I just can't get the motivation. Having a family to return to during an actual survival situation is one of the strongest motivators. The money as a motivator? Survivorman made more per episode than either winner of Alone, and he knew that he was only roughing it for 10 days. Perhaps the thrill of Vancouver Island? But season 3 is moving to Patagonia, (both Survivorman & Dual Survival have already been there) so is it the I can outdo the other guys that were already on TV syndrome?


----------



## Mish (Nov 5, 2013)

Money...comes with...BREAKING NEWS!!!!
Keep it fresh...keep the news changing!!! 
NEW INFORMATION JUST IN!!

It also just has to do with how fast "news/information is available.


----------



## tango (Apr 12, 2013)

Alone is a good show.
Contestants are totally alone in a hostile enviornment.
No camera man, no support (except if you tap the button), to make it for as long as it takes, with the supplies you selected from the list.

It is not a scripted show with added drama.
Think about that. Could you do it?
If you think you can, sign up.
Next season will be in Patagonia.


----------



## M118LR (Sep 19, 2015)

tango, I don't even comprehend signing up! 
It's not like your aircraft is downed, your ship is taking on water, or one of a thousand other dilemmas. If I want a Wilderness experience I'll book a cabin at Disney World and enjoy the week with the Family. Maybe even a resort cabin for a little worm drowning. Why on earth would you just decide to suffer like it's the end of the world as we know it?


----------



## Coastie dad (Jan 2, 2016)

I would do naked and afraid with Kim Kardashian.

Her seeing me naked would make her head explode and ta-dah! One less gobshite in the news!


----------



## tango (Apr 12, 2013)

M118LR, 
$500,000 dollars.
I am not doing it, too damn old.
I agree with you, cabin in the woods, or on a lake somewhere.


----------



## stevekozak (Oct 4, 2015)

I


New guy 101 said:


> i would do it if it werent televised, I wouldnt lose my job, and they paid me my salary for the time frame...why?
> 
> Several reason.
> 1: it allows you to test your skills and knowledge under various conditions, with no quick reference you tube video to remind you.
> ...


I have not watched Alone. I have watched naked and afraid, and your #8 point is the one I observe the most. If you know you are getting picked up in X amount of days, and immediately thereafter get all you want to eat and medical care, it definately changes your decisions. Having camera crew around changes midset as well. I am convinced the contestants do get provided some food an/or vitimens, or they would lose a lot more weight than they show them doing, considering how little they show them eating.

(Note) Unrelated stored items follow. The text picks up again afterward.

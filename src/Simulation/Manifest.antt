-- ===== src/Simulation/Manifest.antt =====
-- frontend/src/simulation/demoPlayback.ts, lines 5 to 24: the manifest of a recorded demo.
pub mod Paths
pub mod Laws
use sih.Prelude.{
  ℕ, String, Bool, true, false, not, ◌&&◌, ◌||◌, List, [], ◌∷◌, Option, none, some, map, every,
  if◌then◌else◌, leb, ◌==◌, ◌===◌,
}
use sih.Prelude.Runtime.{Runtime}
use sih.Prelude.Value.{Value, undefined, null, boolean, number, string, array, items, prop}
use sih.State.Snapshot.Basics.{is_non_empty, is_array_of}
use Prim.Native.Char.{code}
use mathlib.Core.List.{reverse}

-- The code points of a text.
abbrev pub codes : String → List ℕ
codes String.[] = []
codes (String.◌∷◌ c s) = code c ∷ codes s

-- What follows a prefix.
unfoldable pub strip_prefix : List ℕ → List ℕ → Option (List ℕ)
strip_prefix [] text = some text
strip_prefix (p ∷ ps) [] = none
strip_prefix (p ∷ ps) (c ∷ cs) = if p == c then strip_prefix ps cs else none

-- `[a-zA-Z0-9._-]`
abbrev pub is_name_code : ℕ → Bool
is_name_code c =
    leb b'a' c && leb c b'z'
    || leb b'A' c && leb c b'Z'
    || leb b'0' c && leb c b'9'
    || c == b'.'
    || c == b'_'
    || c == b'-'

-- `[a-zA-Z0-9._-]+`
abbrev pub is_name : List ℕ → Bool
is_name [] = false
is_name (c ∷ cs) = is_name_code c && every is_name_code cs

-- `/^\/demo\/[a-zA-Z0-9._-]+\.json\.gz$/.test(url)`: between the fixed ends stands a name.
unfoldable pub is_chunk_url : String → Bool
unfolding strip_prefix every
is_chunk_url url = elim (strip_prefix (codes "/demo/") (codes url)) [
  | none ↦ false
  | some rest ↦ elim (strip_prefix (reverse (codes ".json.gz")) (reverse rest)) [
    | none ↦ false
    | some name ↦ is_name name
  ]
]

module _ (js : Runtime) where
  open js use {Num, is_finite, is_integer, lt, le, eq, decimal}

  pub record Chunk : Type 0 where
    pub url : String
    pub frames : Num

  pub record DemoManifest : Type 0 where
    pub frame_interval_ms : Num
    pub reference_map : Value Num
    pub chunks : List Chunk

  -- Whether `if (value)` takes the branch.
  unfoldable pub is_truthy : Value Num → Bool
  is_truthy undefined = false
  is_truthy null = false
  is_truthy (boolean b) = b
  is_truthy (number n) = eq n n && not (eq n (decimal 0 0))
  is_truthy (string s) = not (s === "")
  is_truthy _ = true

  -- `manifest.version === 1`
  abbrev pub is_one : Value Num → Bool
  is_one (number n) = eq n (decimal 1 0)
  is_one _ = false

  -- `Number.isFinite(ms) && ms >= 50 && ms <= 2000`
  abbrev pub is_interval : Value Num → Bool
  is_interval (number ms) = is_finite ms && not (lt ms (decimal 50 0) || lt (decimal 2000 0) ms)
  is_interval _ = false

  abbrev pub is_chunk_text : Value Num → Bool
  is_chunk_text (string url) = is_chunk_url url
  is_chunk_text _ = false

  abbrev pub is_frame_count : Value Num → Bool
  is_frame_count (number n) = is_integer n && lt (decimal 0 0) n && le n (decimal 100 0)
  is_frame_count _ = false

  unfoldable pub is_chunk : Value Num → Bool
  unfolding is_truthy is_chunk_url
  is_chunk chunk =
      is_truthy chunk && is_chunk_text (prop chunk "url") && is_frame_count (prop chunk "frames")

  -- The program goes on with the value itself; here its fields are read into a record.
  abbrev pub number_or : Num → Value Num → Num
  number_or fallback (number n) = n
  number_or fallback _ = fallback

  abbrev pub text_or : String → Value Num → String
  text_or fallback (string s) = s
  text_or fallback _ = fallback

  abbrev pub items_or : Value Num → List (Value Num)
  items_or (array vs) = items vs
  items_or _ = []

  abbrev pub chunk_of : Value Num → Chunk
  chunk_of v = record {
    url = text_or "" (prop v "url");
    frames = number_or (decimal 0 0) (prop v "frames");
  }

  unfoldable pub is_demo_manifest : Value Num → Bool
  unfolding is_truthy is_chunk is_non_empty is_array_of
  is_demo_manifest value =
      is_one (prop value "version")
      && is_interval (prop value "frame_interval_ms")
      && is_truthy (prop value "reference_map")
      && is_non_empty (prop value "chunks")
      && is_array_of is_chunk (prop value "chunks")

  -- `none` is the error "Invalid demo manifest".
  unfoldable pub read_demo_manifest : Value Num → Option DemoManifest
  unfolding is_demo_manifest
  read_demo_manifest value =
      if is_demo_manifest value
      then some (record {
        frame_interval_ms = number_or (decimal 0 0) (prop value "frame_interval_ms");
        reference_map = prop value "reference_map";
        chunks = map chunk_of (items_or (prop value "chunks"));
      })
      else none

I notice their teeth stay nice and white throughout as well. They are being provided some hygeine products as well, off camera.


----------



## M118LR (Sep 19, 2015)

I believe all network programs monitor the health of the contestants. Alone, like Surviviorman, has the contestants do their own video recording. As with all TV it's only an entertainment, but unlike the instruction that Dual Survival & Survivorman originally attempted to encourage, Alone just emphasis's how long and what causes people to tap out. (it's more about mistakes made than things done right. JMO )


----------



## Slippy (Nov 14, 2013)

M118LR said:


> ... (it's more about mistakes made than things done right. JMO )

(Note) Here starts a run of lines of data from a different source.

-- ===== src/State/Snapshot/Sensors.antt =====
-- worldStateSnapshot.ts, lines 103 to 286 and 352 to 396: vehicles, telemetry and sensors.
use sih.Prelude.{ℕ, Bool, false, not, [], ◌∷◌, ◌&&◌, ◌||◌}
use sih.Prelude.Runtime.{Runtime}
use sih.Prelude.Value.{Value, number, boolean, prop}
use sih.State.Snapshot.Basics.{
  is_record, is_boolean, is_null, is_text, is_one_of, has_values, has_strings, is_nullable_string,
  has_mode, is_finite_number, has_finite_numbers, has_nullable_finite_numbers, sensor_states,
  visibility_states, emergency_states,
}

-- A test on the number that a value holds; the sources make it only after `isFiniteNumber`.
abbrev pub number_is : {N : Type 0} → (N → Bool) → Value N → Bool
number_is p (number n) = p n
number_is p _ = false

-- `!value`, of a value that was tested to be a boolean
abbrev pub is_false : {N : Type 0} → Value N → Bool
is_false (boolean b) = not b
is_false _ = false

module _ (js : Runtime) where
  open js use {Num, lt, neg, decimal}

  unfoldable pub is_vehicle : Value Num → Bool
  unfolding has_strings has_finite_numbers
  is_vehicle value =
      is_record value
      && has_strings value ("vehicle_id" ∷ [])
      && has_finite_numbers js value (
          "timestamp_ms" ∷ "x_m" ∷ "y_m" ∷ "heading_deg" ∷ "speed_mps" ∷ "position_confidence" ∷ [])
      && has_mode (prop value "mode")

  -- Outside the interval from `-limit` to `limit`.
  abbrev pub is_beyond : ℕ → Num → Bool
  is_beyond limit n = lt n (neg (decimal limit 0)) || lt (decimal limit 0) n

  -- The guards return false one after another; the last line is the function's own return.
  unfoldable pub is_gps_telemetry : Value Num → Bool
  unfolding has_finite_numbers has_nullable_finite_numbers
  is_gps_telemetry value =
      is_record value
      && is_boolean (prop value "fix")
      && has_finite_numbers js value ("sats" ∷ "bytes" ∷ [])
      && has_nullable_finite_numbers js value
          ("lat" ∷ "lon" ∷ "alt_m" ∷ "speed_mps" ∷ "hdop" ∷ "age" ∷ [])
      && not (
          number_is (λ n. lt n (decimal 0 0)) (prop value "sats")
          || number_is (λ n. lt n (decimal 0 0)) (prop value "bytes"))
      && not (not (is_null (prop value "lat")) && number_is (is_beyond 90) (prop value "lat"))
      && not (not (is_null (prop value "lon")) && number_is (is_beyond 180) (prop value "lon"))
      && (is_false (prop value "fix")
          || not (is_null (prop value "lat"))
            && not (is_null (prop value "lon"))
            && not (is_null (prop value "age")))

  unfoldable pub is_load_telemetry : Value Num → Bool
  unfolding has_nullable_finite_numbers
  is_load_telemetry value =
      is_null value
      || is_record value
        && is_boolean (prop value "ready")
        && is_boolean (prop value "tared")
        && is_boolean (prop value "taring")
        && is_boolean (prop value "calibrated")
        && is_finite_number js (prop value "zero_offset")
        && has_nullable_finite_numbers js value ("raw" ∷ "net_raw" ∷ "kg" ∷ "age" ∷ [])

  unfoldable pub is_vehicle_telemetry : Value Num → Bool
  is_vehicle_telemetry value =
      is_record value
      && (is_text "DUMPER_01" (prop value "vehicle_id")
          || is_text "DUMPER_02" (prop value "vehicle_id"))
      && is_finite_number js (prop value "received_at_ms")
      && is_boolean (prop value "online")
      && is_gps_telemetry (prop value "gps")
      && is_load_telemetry (prop value "load")

  unfoldable pub is_range : Value Num → Bool
  unfolding has_strings has_finite_numbers
  is_range value =
      is_record value
      && has_strings value ("sensor_id" ∷ [])
      && has_finite_numbers js value
          ("timestamp_ms" ∷ "angle_deg" ∷ "range_m" ∷ "quality" ∷ "max_range_m" ∷ [])
      && is_boolean (prop value "is_valid")
      && has_mode (prop value "mode")

  unfoldable pub is_sensor_health : Value Num → Bool
  unfolding has_strings has_finite_numbers
  is_sensor_health value =
      is_record value
      && has_strings value ("sensor_id" ∷ [])
      && is_one_of sensor_states (prop value "status")
      && has_finite_numbers js value ("last_update_ms" ∷ "confidence" ∷ [])
      && is_nullable_string (prop value "detail")

  unfoldable pub has_motion_shape : Value Num → Bool
  unfolding has_strings has_finite_numbers
  has_motion_shape value =
      is_record value
      && is_record (prop value "provider_confidence")
      && has_values (is_finite_number js) (prop value "provider_confidence")
      && has_mode (prop value "mode")
      && is_boolean (prop value "aruco_visible")
      && has_finite_numbers js value (
          "timestamp_ms" ∷ "left_hall_ticks" ∷ "right_hall_ticks" ∷ "left_distance_m"
          ∷ "right_distance_m" ∷ "imu_heading_deg" ∷ "imu_yaw_rate_dps" ∷ "localization_confidence"
          ∷ [])

  unfoldable pub has_environment_shape : Value Num → Bool
  unfolding has_strings has_finite_numbers
  has_environment_shape value =
      is_record value
      && has_mode (prop value "mode")
      && is_one_of visibility_states (prop value "visibility_state")
      && has_finite_numbers js value (
          "timestamp_ms" ∷ "temperature_c" ∷ "pressure_hpa" ∷ "relative_altitude_m"
          ∷ "visibility_score" ∷ [])

  unfoldable pub has_emergency_shape : Value Num → Bool
  unfolding has_finite_numbers has_nullable_finite_numbers
  has_emergency_shape value =
      is_record value
      && is_one_of emergency_states (prop value "state")
      && is_boolean (prop value "motor_cut")
      && is_nullable_string (prop value "reason")
      && has_nullable_finite_numbers js value
          ("nearest_obstacle_m" ∷ "critical_distance_m" ∷ "latched_at_ms" ∷ [])
      && has_finite_numbers js value ("confidence" ∷ [])

  unfoldable pub is_radar_object : Value Num → Bool
  unfolding has_strings has_finite_numbers
  is_radar_object value =
      is_record value
      && has_strings value ("detection_id" ∷ [])
      && has_finite_numbers js value
          ("timestamp_ms" ∷ "range_m" ∷ "bearing_deg" ∷ "relative_velocity_mps" ∷ "confidence" ∷ [])
      && has_mode (prop value "mode")

  unfoldable pub is_live_object : Value Num → Bool
  unfolding has_strings has_finite_numbers
  is_live_object value =
      is_record value
      && has_strings value ("object_id" ∷ "object_type" ∷ "source" ∷ [])
      && has_finite_numbers js value ("timestamp_ms" ∷ "x_m" ∷ "y_m" ∷ "confidence" ∷ [])
      && has_mode (prop value "mode")

  unfoldable pub is_spatial_point : Value Num → Bool
  unfolding has_strings has_finite_numbers
  is_spatial_point value =
      is_record value
      && has_strings value ("source_sensor_id" ∷ [])
      && has_finite_numbers js value
          ("x_m" ∷ "y_m" ∷ "height_hint_m" ∷ "quality" ∷ "timestamp_ms" ∷ [])

  unfoldable pub is_alert : Value Num → Bool
  unfolding has_strings
  is_alert value =
      is_record value
      && has_strings value ("event_id" ∷ "severity" ∷ "title" ∷ "detail" ∷ "vehicle_id" ∷ [])
      && is_finite_number js (prop value "timestamp_ms")
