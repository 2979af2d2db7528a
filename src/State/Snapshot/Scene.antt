-- ===== src/State/Snapshot/Scene.antt =====
-- worldStateSnapshot.ts, lines 185 to 349: camera, corridor, occupancy grid, map and controls.
use sih.Prelude.{Bool, [], ◌∷◌, ◌&&◌, ◌||◌}
use sih.Prelude.Runtime.{Runtime}
use sih.Prelude.Value.{Value, prop}
use sih.State.Snapshot.Basics.{
  is_record, is_string, is_boolean, is_null, is_one_of, is_array_of, has_strings,
  has_nullable_strings, has_mode, is_finite_number, has_finite_numbers, has_nullable_finite_numbers,
  is_point_2d, is_map_feature, visibility_states, corridor_states, simulation_scenarios,
}

module _ (js : Runtime) where
  open js use {Num}

  unfoldable pub has_camera_shape : Value Num → Bool
  unfolding has_strings has_finite_numbers has_nullable_strings has_nullable_finite_numbers
  has_camera_shape value =
      is_record value
      && is_record (prop value "metrics")
      && has_finite_numbers js (prop value "metrics")
          ("contrast" ∷ "edge_density" ∷ "brightness" ∷ "entropy" ∷ "haze_proxy" ∷ [])
      && has_mode (prop value "mode")
      && is_boolean (prop value "raw_available")
      && is_boolean (prop value "enhancement_available")
      && is_boolean (prop value "ir_available")
      && has_strings value ("stream_status" ∷ "enhancement_status" ∷ "ir_status" ∷ [])
      && has_nullable_strings value (
          "raw_frame_id" ∷ "enhanced_frame_id" ∷ "stream_detail" ∷ "enhancement_detail"
          ∷ "enhancement_model" ∷ "enhancement_device" ∷ "enhancement_precision" ∷ "ir_frame_id"
          ∷ "ir_detail" ∷ "ir_model" ∷ "ir_device" ∷ "ir_precision" ∷ [])
      && has_nullable_finite_numbers js value (
          "visibility_score" ∷ "width_px" ∷ "height_px" ∷ "enhancement_latency_ms" ∷ "ir_latency_ms"
          ∷ [])
      && (is_null (prop value "visibility_state")
          || is_one_of visibility_states (prop value "visibility_state"))
      && has_finite_numbers js value (
          "timestamp_ms" ∷ "measured_fps" ∷ "enhancement_fps" ∷ "enhancement_peak_vram_mb"
          ∷ "ir_fps" ∷ "ir_peak_vram_mb" ∷ [])

  unfoldable pub has_corridor_shape : Value Num → Bool
  has_corridor_shape value =
      is_record value
      && is_one_of corridor_states (prop value "state")
      && is_array_of (is_point_2d js) (prop value "polygon")
      && is_array_of (is_map_feature js) (prop value "exclusions")
      && is_finite_number js (prop value "confidence")
      && is_string (prop value "reason")

  unfoldable pub is_occupied_cell : Value Num → Bool
  unfolding has_finite_numbers
  is_occupied_cell cell =
      is_record cell
      && has_finite_numbers js cell ("column" ∷ "row" ∷ "hit_count" ∷ "height_hint_m" ∷ [])

  unfoldable pub has_occupancy_shape : Value Num → Bool
  unfolding has_finite_numbers
  has_occupancy_shape value =
      is_record value
      && is_point_2d js (prop value "origin")
      && is_array_of is_occupied_cell (prop value "occupied_cells")
      && has_finite_numbers js value ("resolution_m" ∷ "width" ∷ "height" ∷ "updated_at_ms" ∷ [])

  unfoldable pub has_simulation_shape : Value Num → Bool
  unfolding has_finite_numbers
  has_simulation_shape value =
      is_record value
      && is_boolean (prop value "running")
      && is_one_of simulation_scenarios (prop value "scenario")
      && is_boolean (prop value "obstacle_enabled")
      && has_finite_numbers js value (
          "speed_scale" ∷ "visibility_score" ∷ "front_scanner_angle_deg" ∷ "rear_scanner_angle_deg"
          ∷ [])

  unfoldable pub has_recording_shape : Value Num → Bool
  unfolding has_nullable_strings
  has_recording_shape value =
      is_record value
      && is_boolean (prop value "recording")
      && is_boolean (prop value "replaying")
      && has_nullable_strings value ("recording_filename" ∷ "replay_filename" ∷ [])

  unfoldable pub has_reference_map_shape : Value Num → Bool
  unfolding has_strings has_finite_numbers
  has_reference_map_shape value =
      is_null value
      || is_record value
        && has_strings value ("map_id" ∷ "name" ∷ "coordinate_frame" ∷ "source" ∷ [])
        && has_finite_numbers js value ("version" ∷ "created_at_ms" ∷ [])
        && is_array_of (is_map_feature js) (prop value "features")
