-- ===== src/State/Snapshot/V2x.antt =====
-- worldStateSnapshot.ts, lines 398 to 485: the vehicle-to-vehicle and roadside radio.
use sih.Prelude.{Bool, [], ◌∷◌, ◌&&◌, ◌||◌}
use sih.Prelude.Runtime.{Runtime}
use sih.Prelude.Value.{Value, prop}
use sih.State.Snapshot.Basics.{
  is_record, is_boolean, is_null, is_undefined, is_array_of, has_strings, is_finite_number,
  has_finite_numbers, has_nullable_finite_numbers,
}

module _ (js : Runtime) where
  open js use {Num}

  unfoldable pub is_v2x_peer : Value Num → Bool
  unfolding has_strings has_finite_numbers
  is_v2x_peer value =
      is_record value
      && has_strings value ("vehicle_id" ∷ "emergency_state" ∷ "link_status" ∷ [])
      && has_finite_numbers js value (
          "last_seen_ms" ∷ "x_m" ∷ "y_m" ∷ "distance_m" ∷ "speed_mps" ∷ "heading_deg" ∷ "rssi_dbm"
          ∷ [])
      && (is_undefined (prop value "bearing_deg") || is_finite_number js (prop value "bearing_deg"))

  unfoldable pub is_v2x_infrastructure_node : Value Num → Bool
  unfolding has_strings has_finite_numbers
  is_v2x_infrastructure_node value =
      is_record value
      && has_strings value ("rsu_id" ∷ "name" ∷ "status" ∷ [])
      && has_finite_numbers js value
          ("x_m" ∷ "y_m" ∷ "coverage_radius_m" ∷ "active_advisories_count" ∷ [])

  unfoldable pub is_v2x_advisory : Value Num → Bool
  unfolding has_strings has_nullable_finite_numbers
  is_v2x_advisory value =
      is_record value
      && has_strings value
          ("message_id" ∷ "rsu_id" ∷ "rsu_name" ∷ "advisory_type" ∷ "title" ∷ "detail" ∷ [])
      && is_finite_number js (prop value "timestamp_ms")
      && has_nullable_finite_numbers js value
          ("speed_limit_kmh" ∷ "expires_at_ms" ∷ "zone_x_m" ∷ "zone_y_m" ∷ "zone_radius_m" ∷ [])

  unfoldable pub is_optional_payload : Value Num → Bool
  is_optional_payload value = is_undefined value || is_null value || is_record value

  unfoldable pub is_v2x_message : Value Num → Bool
  unfolding has_strings is_optional_payload
  is_v2x_message value =
      is_record value
      && has_strings value ("message_id" ∷ "msg_type" ∷ "source_id" ∷ "target_id" ∷ "summary" ∷ [])
      && is_finite_number js (prop value "timestamp_ms")
      && is_optional_payload (prop value "bsm_payload")
      && is_optional_payload (prop value "advisory_payload")

  unfoldable pub has_v2x_shape : Value Num → Bool
  unfolding has_strings has_finite_numbers
  has_v2x_shape value =
      is_undefined value
      || is_record value
        && is_boolean (prop value "enabled")
        && has_strings value ("node_id" ∷ "protocol_version" ∷ [])
        && has_finite_numbers js value
            ("timestamp_ms" ∷ "tx_packet_count" ∷ "rx_packet_count" ∷ "channel_frequency_mhz" ∷ [])
        && is_array_of is_v2x_peer (prop value "active_peers")
        && is_array_of is_v2x_infrastructure_node (prop value "infrastructure_nodes")
        && is_array_of is_v2x_advisory (prop value "active_advisories")
        && is_array_of is_v2x_message (prop value "recent_messages")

Kinda like why some people watch NASCAR...for the "Mistakes!"


----------



## Mish (Nov 5, 2013)

A Watchman said:


> Forget the reality crap that has everyone's attention. If it is on TV it is not reality. It is scripted, directed, edited, and produced.
> 
> Pay attention to the real reality surrounding you in broad daylight. Watch, plan, prepare, and be ready to react.


----------



## rice paddy daddy (Jul 17, 2012)

Who was that guy who had the survival show that was caught spending the nights in a motel instead of the woods?


----------



## M118LR (Sep 19, 2015)

rice paddy daddy said:


> Who was that guy who had the survival show that was caught spending the nights in a motel instead of the woods?


Wasn't that Bear something or other. Isn't he living the life of luxury from royalties paid on his survival gear?


----------



## Coastie dad (Jan 2, 2016)

Bear Grylls? Something like that....Gerber markets a bunch of his branded stuff at Walmart and academy.


----------



## rice paddy daddy (Jul 17, 2012)

Coastie dad said:


> Bear Grylls? Something like that....Gerber markets a bunch of his branded stuff at Walmart and academy.

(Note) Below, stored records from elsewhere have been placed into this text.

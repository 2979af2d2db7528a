-- ===== src/State/Snapshot/World.antt =====
-- worldStateSnapshot.ts, lines 487 to 535: the whole message.
use sih.Prelude.{String, Bool, List, [], ◌∷◌, ◌&&◌, ◌||◌}
use sih.Prelude.Runtime.{Runtime}
use sih.Prelude.Value.{Value, prop}
use sih.State.Snapshot.Basics.{
  has, is_record, is_boolean, is_null, is_undefined, is_text, is_array_of, has_strings, has_mode,
  is_nullable_finite_number, has_finite_numbers, is_point_2d,
}
use sih.State.Snapshot.Sensors.{
  is_vehicle, is_vehicle_telemetry, is_range, is_sensor_health, has_motion_shape,
  has_environment_shape, has_emergency_shape, is_radar_object, is_live_object, is_spatial_point,
  is_alert,
}
use sih.State.Snapshot.Scene.{
  has_camera_shape, has_corridor_shape, has_occupancy_shape, has_simulation_shape,
  has_recording_shape, has_reference_map_shape,
}
use sih.State.Snapshot.V2x.{has_v2x_shape}

abbrev pub haul_phases : List String
haul_phases = "HAULING" ∷ "OBSTACLE" ∷ "WAITING" ∷ "ARRIVED" ∷ []

module _ (js : Runtime) where
  open js use {Num, text_of}

  -- `value.haul_route == null || (…)`, lines 522 to 533. The phase is turned into a text before
  -- it is looked up.
  unfoldable pub has_haul_route_shape : Value Num → Bool
  unfolding has has_strings has_finite_numbers
  has_haul_route_shape value =
      is_undefined value
      || is_null value
      || is_record value
        && has_strings value ("origin" ∷ "destination" ∷ "next_instruction" ∷ [])
        && has haul_phases (text_of (prop value "phase"))
        && has_finite_numbers js value (
            "distance_m" ∷ "total_distance_m" ∷ "remaining_m" ∷ "elapsed_s" ∷ "obstacle_radius_m"
            ∷ [])
        && (is_undefined (prop value "planned_path")
            || is_array_of (is_point_2d js) (prop value "planned_path"))
        && (is_undefined (prop value "obstacle_distance_m")
            || is_nullable_finite_number js (prop value "obstacle_distance_m"))
        && (is_undefined (prop value "traffic_slowing")
            || is_boolean (prop value "traffic_slowing"))
        && (is_undefined (prop value "lead_waiting") || is_boolean (prop value "lead_waiting"))
        && (is_undefined (prop value "obstacle_detected")
            || is_boolean (prop value "obstacle_detected"))
        && (is_null (prop value "obstacle") || is_point_2d js (prop value "obstacle"))

  unfoldable pub is_world_state_snapshot : Value Num → Bool
  unfolding has_strings has_finite_numbers
  is_world_state_snapshot value =
      is_record value
      && is_text "1.0" (prop value "schema_version")
      && has_mode (prop value "mode")
      && has_strings value ("primary_vehicle_id" ∷ [])
      && has_finite_numbers js value ("generated_at_ms" ∷ "sequence" ∷ [])
      && is_array_of (is_vehicle js) (prop value "vehicles")
      && (is_undefined (prop value "vehicle_telemetry")
          || is_array_of (is_vehicle_telemetry js) (prop value "vehicle_telemetry"))
      && has_reference_map_shape js (prop value "reference_map")
      && is_array_of (is_range js) (prop value "ranges")
      && has_motion_shape js (prop value "motion")
      && has_camera_shape js (prop value "camera")
      && has_environment_shape js (prop value "environment")
      && is_array_of (is_live_object js) (prop value "live_objects")
      && is_array_of (is_radar_object js) (prop value "radar_objects")
      && has_emergency_shape js (prop value "emergency")
      && is_array_of (is_sensor_health js) (prop value "sensor_health")
      && has_corridor_shape js (prop value "safe_corridor")
      && is_array_of (is_spatial_point js) (prop value "spatial_points")
      && has_occupancy_shape js (prop value "occupancy")
      && is_array_of (is_alert js) (prop value "alerts")
      && has_recording_shape js (prop value "recording")
      && has_simulation_shape js (prop value "simulation")
      && has_v2x_shape js (prop value "v2x")
      && has_haul_route_shape (prop value "haul_route")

I thought that's who it was, but not being sure, I did not want to inadvertently slander someone.


----------



## Slippy (Nov 14, 2013)

rice paddy daddy said:


> I thought that's who it was, but not being sure, I did not want to inadvertently slander someone.


(Slippy pulls out his notebook entitled "Things Not to Do" and jots down, "Do not inadvertently slander others"....

Then scratches that one out...:devil


----------



## SittingElf (Feb 9, 2016)

There are only three series worth watching on television IMHO... and in this order:

Game of Thrones
Homeland
Black Sails

I don't watch sports, feeling it is total waste of my time as I have no investment in them, and there are much more productive things I can do with my time.
I don't watch reality shows....most are staged anyway. (I have a good friend who was involved with the Survivor series... all BS!)
I don't watch CNN, MSNBC, or BBC because they would just piss me off. (Fox News only on internet along with Breitbart and Drudge every morning)
I 'would' watch really good comedies, but there haven't been any "good" ones since Cheers, Friends, Frasier, or Everyone Loves Raymond.
I watch a lot of YouTube videos...but generally not for "entertainment". Mostly learning and research.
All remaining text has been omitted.